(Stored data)
-- ===== src/Rtcp/Tests.antt =====
-- Concrete packets for src/rtcp.c.
use libpeer.Base.{ℕ, ◌+◌, ◌%◌, ◌≡◌, not, List, [], ◌∷◌, some, get_or, arith}
use libpeer.Rtp.Header.{rtp_packet_validate, rtp_get_ssrc}
use libpeer.Rtcp.{answer, rtcp_probe, rtcp_get_pli, rtcp_get_fir}
use libpeer.Rtcp.Demux.{IsRtcp, probe-validate, rtcp_get_fir-IsRtcp, rtcp_get_pli_media}

-- An Opus packet with the marker bit.
abbrev opus : List ℕ
opus = 0x80 ∷ 0xef ∷ 0 ∷ 1 ∷ 0 ∷ 0 ∷ 0 ∷ 0 ∷ 0 ∷ 0 ∷ 0 ∷ 6 ∷ 0xfc ∷ []

probe-validate_example : rtcp_probe opus ≡ answer (not (rtp_packet_validate opus))
probe-validate_example = probe-validate opus (omega arith)

rtcp_get_fir-IsRtcp_example :
    (packet : List ℕ) × (rtcp_get_fir 20 255 ≡ some (packet, (255 + 1) % 256))
    × (get_or packet 16 0 ≡ (255 + 1) % 256)
    × IsRtcp packet
rtcp_get_fir-IsRtcp_example = rtcp_get_fir-IsRtcp 255 (omega arith)

rtcp_get_pli_media_example :
    (packet : List ℕ) × (rtcp_get_pli 12 0x01020304 ≡ some packet)
    × (rtp_get_ssrc packet ≡ 0x04030201)
rtcp_get_pli_media_example = rtcp_get_pli_media 0x01020304 (omega arith)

* _Your instructions_
From the records above, copy each line in which the string "arith" occurs.

* _Output for this exercise_
use libpeer.Base.{ℕ, ◌+◌, ◌%◌, ◌≡◌, not, List, [], ◌∷◌, some, get_or, arith}
probe-validate_example = probe-validate opus (omega arith)
rtcp_get_fir-IsRtcp_example = rtcp_get_fir-IsRtcp 255 (omega arith)
rtcp_get_pli_media_example = rtcp_get_pli_media 0x01020304 (omega arith)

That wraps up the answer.